In the second part of the 1st century BC, the Segovellauni were absorbed into the civitas Valentinorum (or colonia Valentia), founded under Caesar or Augustus. According to Stephen L. Dyson, a border land around their capital, Valentia (modern Valence), seems to have been detached from the territory of the Cavari and given to the smaller Segovellauni by the Romans, since Pliny (1st c. AD) described the settlement as in agro Cavarum, whereas Ptolemy (2nd c. AD) had it belonging to the Segovellauni.

== History ==

=== Origin ===
Little is known about the early history of the Segovellauni. Since the 'Island' mentioned by ancient authors corresponds to their territory, some scholars have proposed that Brancus (or Braneus), the Gallic chieftain who allied with Hannibal and provided him with supplies and diplomatic protection in 218 BC, was actually Segovellaunian. In this view, Braneus may have found an agreement with the Allobroges of the plain to let the Carthaginians move across their territory. Possibly acting as a rearguard, Segovellaunian troops then escorted them until the Alps, where the Carthaginians were eventually left alone with the hostile Allobroges of the mountains, who were not part of the agreement. In his account, however, Livy specifically states that the two chieftains were Allobrogian.
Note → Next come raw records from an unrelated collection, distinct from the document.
-- ===== src/Payment/Restored.antt =====
-- `restore` accepts every decision that the methods of `AcceptancePaymentDecision` have produced.
use youone_rnd.Shared.{
  opt_eq, ◌≡◌, refl, true, false, Option, some, [], ◌∷◌, String, ok, arith, truthy, codes_eq_iff,
  is_some, is_none, eq_iff, any, ◌||◌, ◌&&◌, Bool-cases, inl, inr,
}
use youone_rnd.Payment.Types.{
  AcceptancePaymentState, AcceptancePaymentDecisionSnapshot, same_payment_state,
}
use youone_rnd.Payment.Release.{lacks_approval}
use youone_rnd.Payment.Restore.{
  check_optional_percentage, lacks_subject, check_restored_amount, waives, validate_restored,
  restore,
}
use youone_rnd.Payment.History.{PaymentReach, has_approval}
use youone_rnd.Payment.Keeping.{PaymentReach-Inv}
use youone_rnd.Payment.Amount.{calculate_approved_payable_amount-Pays}
use youone_rnd.Payment.Restoring.{IsPercentage-of_micros}
use youone_rnd.Payment.Stored.{HasSubject, PaymentReach-Storable}

abbrev Value : Type 0
Value = AcceptancePaymentDecisionSnapshot

-- The texts of a sealed subject are not empty, which their branded types promise.
pub record Branded (v : Value) : Type 0 where
  pub approval_instance : opt_eq v.approval_instance_id (some "") ≡ false
  pub checksum : opt_eq v.sealed_snapshot_checksum (some "") ≡ false
  pub sealed_at : opt_eq v.sealed_at (some "") ≡ false

truthy_of_some :
    (o : Option String) → is_some o ≡ true → opt_eq o (some "") ≡ false → truthy o ≡ true
truthy_of_some o h d = ground arith

restored_amount :
    (v : Value)
    → PaymentReach v
    → check_restored_amount v v.final_approved_rate v.approved_payable_amount ≡ ok tt
unfolding check_restored_amount
restored_amount v r = elim (Bool-cases (has_approval v.state)) [
  | inl reached ↦
      let a = (PaymentReach-Inv r).approved reached in
      let pays =
        calculate_approved_payable_amount-Pays v.milestone_amount a.approval.final_approved_rate
          v.policy a.payable a.computed in
      let own = (eq_iff a.payable.currency a.payable.currency).1 refl in
      rw (a.rated, a.paid)
        (rw (a.computed, own, pays.paid_read "ACCEPTANCE_PAYMENT_APPROVED_AMOUNT_INVALID")
          (ground arith))
  | inr unreached ↦ rw ((PaymentReach-Storable r).unapproved unreached) refl
]

restored_final :
    (v : Value) (code : String)
    → PaymentReach v
    → check_optional_percentage v.final_approved_rate code ≡ ok tt
unfolding check_optional_percentage
restored_final v code r = elim (Bool-cases (has_approval v.state)) [
  | inl reached ↦
      let a = (PaymentReach-Inv r).approved reached in
      let pays =
        calculate_approved_payable_amount-Pays v.milestone_amount a.approval.final_approved_rate
          v.policy a.payable a.computed in
      let percentage =
        IsPercentage-of_micros a.approval.final_approved_rate _ pays.rate pays.rate_read in
      rw (a.rated, percentage.read code) refl
  | inr unreached ↦ rw ((PaymentReach-Storable r).unapproved unreached) refl
]

restored_subject :
    (v : Value)
    → PaymentReach v
    → Branded v
    → (same_payment_state v.state AcceptancePaymentState.approval_pending && lacks_subject v)
      ≡ false
unfolding HasSubject
restored_subject v r b =
    elim (Bool-cases (same_payment_state v.state AcceptancePaymentState.approval_pending)) [
      | inl pending ↦
          let is_pending : v.state ≡ AcceptancePaymentState.approval_pending = ground arith in
          let s = PaymentReach-Storable r in
          let (instance_there, checksum_there, at_there) = s.subject is_pending in
          let named = truthy_of_some v.approval_instance_id instance_there b.approval_instance in
          let summed = truthy_of_some v.sealed_snapshot_checksum checksum_there b.checksum in
          let dated = truthy_of_some v.sealed_at at_there b.sealed_at in
          let sealed = (PaymentReach-Inv r).sealed is_pending in
          ground (arith, named, summed, dated, sealed, s.numbered)
      | inr other ↦ rw other refl
    ]

restored_approval :
    (v : Value)
    → PaymentReach v
    → (any (same_payment_state v.state) (
          AcceptancePaymentState.approved ∷ AcceptancePaymentState.held_for_conditions
          ∷ AcceptancePaymentState.eligible_for_external_payment ∷ [])
        && (lacks_approval v || is_none v.approved_payable_amount))
      ≡ false
restored_approval v r = elim (Bool-cases (has_approval v.state)) [
  | inl reached ↦
      let a = (PaymentReach-Inv r).approved reached in ground (arith, a.recorded, a.rated, a.paid)
  | inr unreached ↦ ground arith
]

-- Every decision that the methods can produce, stored with a subject whose texts are not empty, is
-- accepted by `restore` and comes back unchanged.
pub PaymentReach-restore : {v : Value} → PaymentReach v → Branded v → restore v ≡ ok v
unfolding restore validate_restored
PaymentReach-restore {v} r b =
    let s = PaymentReach-Storable r in
    let kept = (codes_eq_iff v.achievement_percent v.basis.achievement_percent).1 s.kept in
    let responsible : waives v.responsibility ≡ false =
      rw ((PaymentReach-Inv r).responsible) refl in
    ground (
      arith,
      s.achieved.read "ACCEPTANCE_PAYMENT_ACHIEVEMENT_INVALID",
      s.rated.read "ACCEPTANCE_PAYMENT_CALCULATED_RATE_INVALID",
      s.adjusted "ACCEPTANCE_PAYMENT_ADJUSTMENT_RATE_INVALID",
      restored_final v "ACCEPTANCE_PAYMENT_FINAL_RATE_INVALID" r,
      kept,
      restored_subject v r b,
      restored_approval v r,
      restored_amount v r,
      responsible,
    )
=== Early Roman period ===
When the Allobroges were defeated by Rome in 121 BC, their territory was annexed to the Roman Republic, and the Segovellauni certainly knew the same fate. In 62 BC, they were associated with an unsuccessful revolt against Rome led by the Allobroges, for the troops of Manlius Lentinus were stationed in their territory, near a small oppidum named Ventia. According to Cassius Dio, the Roman army "so terrified the inhabitants that the majority ran away and the rest sent ambassadors regarding peace. Just then the country population coming to their aid suddenly fell upon him; and he was repulsed from the wall, but ravaged the land with impunity" until Catugnatus, the leader of the Allobroges, came to their aid with some troops stationed along the Isère. Lentinus was nearly captured by Catugnatus, but a violent storm prevented the Gauls from pursuing the attack. The Roman legate then overran the Segovellaunian territory again and eventually destroyed Ventia.